**YOUR OBJECTIVE:** Report every line of the records that contains the word "CmpverRefl".

**Stored items:**
◇ ◇ ◇ ◇
-- ===== src/Store/Newest.antt =====
-- What transaction_store makes of an array in which no name stands twice.
use xbps.Common.{
  Bool, true, false, Option, some, List, [], ◌∷◌, ◌++◌, ◌≡◌, ◌⊎◌, refl, sym, ap, inl, inr, CStr,
  streq, All, In, All-In, All-concat, In-append_left, In-last, In-concat, with_default, subst, ret,
  arith, Bool-cases,
}
use xbps.Pkg.{Pkg}
use xbps.Versions.{Versions, CmpverRefl}
use xbps.Arrays.Names.{
  IsNamed, IsPlain, IsQueue, name_of, Lacks, UniqueNames, Found, absent, present, streq_flip,
  find_pkg_in_array-Found,
}
use xbps.Arrays.Removal.{Removed, All-sub, remove_pkg_from_array_by_pkgver-Removed}
use xbps.Store.{stored_copy, not_newer, store_over, transaction_store}

-- The array `after` has a package of `name` that the version `ver` is not newer than; the packages
-- of other names are those of `before`.
pub record Stored (v : Versions) (stored_pkg : Pkg) (name ver : CStr) (before after : List Pkg)
    : Type 0 where
  pub queue : IsQueue after
  pub newest :
      (q : Pkg) × (qver : CStr) × In q after
      × (name_of q ≡ name)
      × (q.pkgver ≡ some qver)
      × (not_newer (v.cmpver ver qver) ≡ true)
  pub kept : (q : Pkg) → In q before → streq name (name_of q) ≡ false → In q after
  pub origin : (q : Pkg) → In q after → In q before ⊎ (q ≡ stored_pkg)

UniqueNames-concat :
    (a : Pkg) (pkgs : List Pkg)
    → Lacks (name_of a) pkgs
    → UniqueNames pkgs
    → UniqueNames (pkgs ++ a ∷ [])
UniqueNames-concat a [] l u = (tt, tt)
UniqueNames-concat a (p ∷ pkgs) l u = (
  All-concat (λ q. streq (name_of p) (name_of q) ≡ false) pkgs a u.0
      (streq_flip (name_of p) (name_of a) l.0),
  UniqueNames-concat a pkgs l.1 u.1,
)

module _ (v : Versions) (same : CmpverRefl v) {p : Pkg} (h : IsNamed p) (autoinst : Bool) where
  stored_pkg : Pkg
  stored_pkg = stored_copy p h.name autoinst

  stored_pkg-IsNamed : IsNamed stored_pkg
  unfolding stored_pkg stored_copy
  stored_pkg-IsNamed = record {
    ver = h.ver;
    name = h.name;
    has_ver = h.has_ver;
    has_name = h.has_name;
    agrees = h.agrees;
  }

  stored_pkg-name : name_of stored_pkg ≡ h.name
  unfolding stored_pkg stored_copy
  stored_pkg-name = ap (with_default []) h.has_name

  stored_pkg-ver : stored_pkg.pkgver ≡ some h.ver
  unfolding stored_pkg stored_copy
  stored_pkg-ver = h.has_ver

  not_newer-same : not_newer (v.cmpver h.ver h.ver) ≡ true
  unfolding not_newer
  not_newer-same = ap not_newer (same.same h.ver)

  appended :
      {before kept : List Pkg}
      → All IsNamed before
      → Removed h.name before kept
      → Stored v stored_pkg h.name h.ver before (kept ++ stored_pkg ∷ [])
  appended {before} {kept} named r = record {
    queue = record {
      named =
          All-concat IsNamed kept stored_pkg (All-sub IsNamed before kept r.sub named)
            stored_pkg-IsNamed;
      unique =
          UniqueNames-concat stored_pkg kept
            (subst (λ n. Lacks n kept) (sym stored_pkg-name) r.lacks) r.unique;
    };
    newest = (
      stored_pkg,
      h.ver,
      In-last kept stored_pkg,
      stored_pkg-name,
      stored_pkg-ver,
      not_newer-same,
    );
    kept = λ q i e. In-append_left (stored_pkg ∷ []) (r.frame q i e);
    origin = origin;
  }
    where
      origin : (q : Pkg) → In q (kept ++ stored_pkg ∷ []) → In q before ⊎ (q ≡ stored_pkg)
      origin q i = elim (In-concat kept i) [ inl j ↦ inl (r.sub q j) | inr e ↦ inr e ]

  over :
      {pkgs : List Pkg} {d : Option Pkg}
      → IsQueue pkgs
      → Found h.name pkgs d
      → (after : List Pkg) × (store_over v pkgs p h.ver h.name autoinst d ≡ (after, true))
        × Stored v stored_pkg h.name h.ver pkgs after
  unfolding store_over stored_pkg
  over {pkgs} u (absent l) = (
    pkgs ++ stored_pkg ∷ [],
    refl,
    appended u.named (record { lacks = l; unique = u.unique; sub = λ q i. i; frame = λ q i e. i }),
  )
  over {pkgs} u (present {p = d} i e) =
      let k = All-In IsNamed i u.named in
      let g = k.has_ver in
      elim (Bool-cases (not_newer (v.cmpver h.ver k.ver))) [
        | inl t ↦ (
          pkgs,
          ground (arith, g, t),
          record {
            queue = u;
            newest = (d, k.ver, i, e, g, t);
            kept = λ q j f. j;
            origin = λ q j. inl j;
          },
        )
        | inr f ↦
            let (kept, runs, r) = remove_pkg_from_array_by_pkgver-Removed i u.named u.unique g in
            (
              kept ++ stored_pkg ∷ [],
              ground (arith, g, f, runs),
              appended u.named (subst (λ n. Removed n pkgs kept) e r),
            )
      ]

-- Where a version compares as equal with itself: storing a package that has a pkgver and its name
-- in an array of such packages with distinct names never aborts and is a success, if the name is
-- not itself a pattern or a pkgver. The array keeps distinct names, now has a package of this name
-- that the stored version is not newer than, keeps every package of another name, and gains at
-- most the stored copy.
pub transaction_store-Stored :
    (v : Versions)
    → CmpverRefl v
    → {pkgs : List Pkg} {p : Pkg} → IsQueue pkgs
    → (h : IsNamed p) → IsPlain h.name
    → (autoinst : Bool)
    → (after : List Pkg) × (transaction_store v pkgs p autoinst ≡ ret (after, true))
      × Stored v (stored_copy p h.name autoinst) h.name h.ver pkgs after
unfolding transaction_store stored_pkg
transaction_store-Stored v same {pkgs} {p} u h plain autoinst =
    let (d, found, f) = find_pkg_in_array-Found v plain pkgs u.named in
    let (after, runs, s) = over v same h autoinst u f in
    let a = h.has_ver in let b = h.has_name in (after, ground (arith, a, b, found, runs), s)
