-- ===== src/Tests.antt =====
-- Runs of the modelled functions on small inputs.
mod Pkgvers
mod Queue
mod FileTables
mod Removals
mod Systems
mod Trees
mod Breakages
mod Lines
mod States
mod Orphanage
mod JoinedPaths
mod Binpkgs
mod Clashes
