-- ===== src/Util/Slashes.antt =====
-- lib/util.c: xbps_sanitize_path, which writes a path without its repeated slashes.
use xbps.Common.{
  Bool, true, false, ◌&&◌, List, [], ◌∷◌, ◌≡◌, refl, if◌then◌else◌, ◌==◌, CStr, length, arith,
  Bool-cases, inl, inr,
}
use xbps.Paths.Clean.Canonical.{split}

-- `*s == '/'`
unfoldable pub at_slash : CStr → Bool
at_slash [] = false
at_slash (c ∷ s) = c == b'/'

-- The empty path fails an assertion.
unfoldable pub sanitize_path : CStr → CStr
unfolding at_slash
sanitize_path [] = []
sanitize_path (c ∷ s) =
    let rest = sanitize_path s in if c == b'/' && at_slash s then rest else c ∷ rest

-- Two slashes stand side by side.
unfoldable pub has_double : CStr → Bool
has_double [] = false
has_double (c ∷ s) = let rest = has_double s in if c == b'/' && at_slash s then true else rest

-- The elements that are not empty.
unfoldable pub filled : List CStr → List CStr
filled [] = []
filled (x ∷ xs) = let rest = filled xs in if length x == 0 then rest else x ∷ rest

at_slash-sanitize_path : (s : CStr) → at_slash (sanitize_path s) ≡ at_slash s
unfolding sanitize_path at_slash
at_slash-sanitize_path [] = refl
at_slash-sanitize_path (c ∷ s) = ground (arith, at_slash-sanitize_path s)

has_double-sanitize_path : (s : CStr) → has_double (sanitize_path s) ≡ false
unfolding sanitize_path has_double
has_double-sanitize_path [] = refl
has_double-sanitize_path (c ∷ s) =
    ground (arith, at_slash-sanitize_path s, has_double-sanitize_path s)

split-at_slash : (s : CStr) → at_slash s ≡ true → (split s).0 ≡ []
unfolding split at_slash
split-at_slash [] h = refl
split-at_slash (c ∷ s) h = ground (arith, h)

same_elements :
    (s : CStr)
    → ((split (sanitize_path s)).0 ≡ (split s).0)
      × (filled (split (sanitize_path s)).1 ≡ filled (split s).1)
unfolding sanitize_path split filled
same_elements [] = (refl, refl)
same_elements (c ∷ s) =
    let (a, b) = same_elements s in
    let z = split-at_slash s in
    elim (Bool-cases (c == b'/')) [
      | inl t ↦ elim (Bool-cases (at_slash s)) [
        | inl u ↦ let e = z u in (ground (arith, t, u, a, e), ground (arith, t, u, b, e))
        | inr u ↦ (ground (arith, t, u), ground (arith, t, u, a, b))
      ]
      | inr f ↦ (ground (arith, f, a), ground (arith, f, b))
    ]

-- A path without its repeated slashes has no two slashes side by side, and the elements of the path
-- that are not empty, in their order.
pub sanitize_path-filled :
    (s : CStr)
    → (has_double (sanitize_path s) ≡ false)
      × (filled ((split (sanitize_path s)).0 ∷ (split (sanitize_path s)).1)
          ≡ filled ((split s).0 ∷ (split s).1))
unfolding filled
sanitize_path-filled s =
    let (a, b) = same_elements s in (has_double-sanitize_path s, ground (arith, a, b))
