-- ===== src/Util/Binpkg.antt =====
-- lib/util.c: the pkgver and the architecture out of the name of a binary package file, such as
-- `/var/cache/xbps/foo-1.0_1.x86_64.xbps`.
pub mod File
use xbps.Common.{
  ℕ, ◌-◌, Bool, Option, none, some, CStr, if◌then◌else◌, ltb, length, take, drop, strrchr, is_some,
}
use xbps.Util.Pkgver.{pkg_version}

-- The path is skipped.
unfoldable pub base_name : CStr → CStr
base_name pkg = elim (strrchr pkg b'/') [ none ↦ pkg | some p ↦ drop 1 p ]

-- `p`, the name without the five bytes of `.xbps`; whether they are these is not tested.
unfoldable pub binpkg_stem : CStr → Option CStr
unfolding base_name
binpkg_stem pkg =
    let fname = base_name pkg in
    if ltb (length fname) 5 then none else some (take (length fname - 5) fname)

unfoldable pub binpkg_pkgver : CStr → Option CStr
binpkg_pkgver pkg = elim (binpkg_stem pkg) [
  | none ↦ none
  | some p ↦ elim (strrchr p b'.') [
    | none ↦ none
    | some p1 ↦
        let res = take (length p - length p1) p in
        if is_some (pkg_version res) then some res else none
  ]
]

unfoldable pub binpkg_arch : CStr → Option CStr
binpkg_arch pkg = elim (binpkg_stem pkg) [
  | none ↦ none
  | some p ↦ elim (strrchr p b'.') [ none ↦ none | some p1 ↦ some (drop 1 p1) ]
]
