-- ===== src/Util/Binpkg/File.antt =====
-- The name that the repositories give to a binary package file, read back.
use xbps.Common.{
  ℕ, ◌-◌, some, ◌∷◌, ◌++◌, ◌≡◌, refl, CStr, length, Free, nil, cons, strrchr-append, length-append,
  take-length-append, arith, codes,
}
use xbps.Util.Pkgver.{pkg_version}
use xbps.Util.Binpkg.{base_name, binpkg_stem, binpkg_pkgver, binpkg_arch}

-- `%s.%s.xbps`
abbrev pub binpkg_file : CStr → CStr → CStr
binpkg_file pkgver arch = (pkgver ++ b'.' ∷ arch) ++ codes ".xbps"

-- The file in a directory.
abbrev pub in_dir : CStr → CStr → CStr
in_dir dir file = dir ++ b'/' ∷ file

Free-append : {c : ℕ} {a b : CStr} → Free c a → Free c b → Free c (a ++ b)
Free-append nil g = g
Free-append (cons h f) g = cons h (Free-append f g)

base_name-in_dir : (dir file : CStr) → Free b'/' file → base_name (in_dir dir file) ≡ file
unfolding base_name
base_name-in_dir dir file f = rw (base_name, strrchr-append dir f) refl

xbps_slash : Free b'/' (codes ".xbps")
xbps_slash =
    cons (λ h. omega arith)
      (cons (λ h. omega arith)
        (cons (λ h. omega arith) (cons (λ h. omega arith) (cons (λ h. omega arith) nil))))

module _ (dir pkgver arch : CStr) (no_slash : Free b'/' pkgver)
    (arch_no_slash : Free b'/' arch) where
  stem-file : binpkg_stem (in_dir dir (binpkg_file pkgver arch)) ≡ some (pkgver ++ b'.' ∷ arch)
  unfolding binpkg_stem
  stem-file =
      let p = pkgver ++ b'.' ∷ arch in
      let b =
        base_name-in_dir dir (binpkg_file pkgver arch)
          (Free-append (Free-append no_slash (cons (λ h. omega arith) arch_no_slash)) xbps_slash) in
      let n = length-append p (codes ".xbps") in
      let t =
        take-length-append (length (binpkg_file pkgver arch) - 5) p (codes ".xbps")
          (omega (arith, n)) in
      ground (arith, b, n, t)

  -- The file name of a binary package, made of a pkgver that has a version and of an architecture
  -- without a dot, neither with a slash, in any directory, gives this pkgver and this architecture.
  pub binpkg_round_trip :
      Free b'.' arch
      → (version : CStr) → pkg_version pkgver ≡ some version
      → (binpkg_pkgver (in_dir dir (binpkg_file pkgver arch)) ≡ some pkgver)
        × (binpkg_arch (in_dir dir (binpkg_file pkgver arch)) ≡ some arch)
  unfolding binpkg_pkgver binpkg_arch
  binpkg_round_trip no_dot version v =
      let s = stem-file in
      let r = strrchr-append pkgver no_dot in
      let n = length-append pkgver (b'.' ∷ arch) in
      let t =
        take-length-append (length (pkgver ++ b'.' ∷ arch) - length (b'.' ∷ arch)) pkgver
          (b'.' ∷ arch) (omega (arith, n)) in
      (rw (binpkg_pkgver, s, r, t, v) refl, rw (binpkg_arch, s, r) refl)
◇ ◇ ◇ ◇
**RESPONSE BELOW:**
use xbps.Versions.{Versions, CmpverRefl}
module _ (v : Versions) (same : CmpverRefl v) {p : Pkg} (h : IsNamed p) (autoinst : Bool) where
    → CmpverRefl v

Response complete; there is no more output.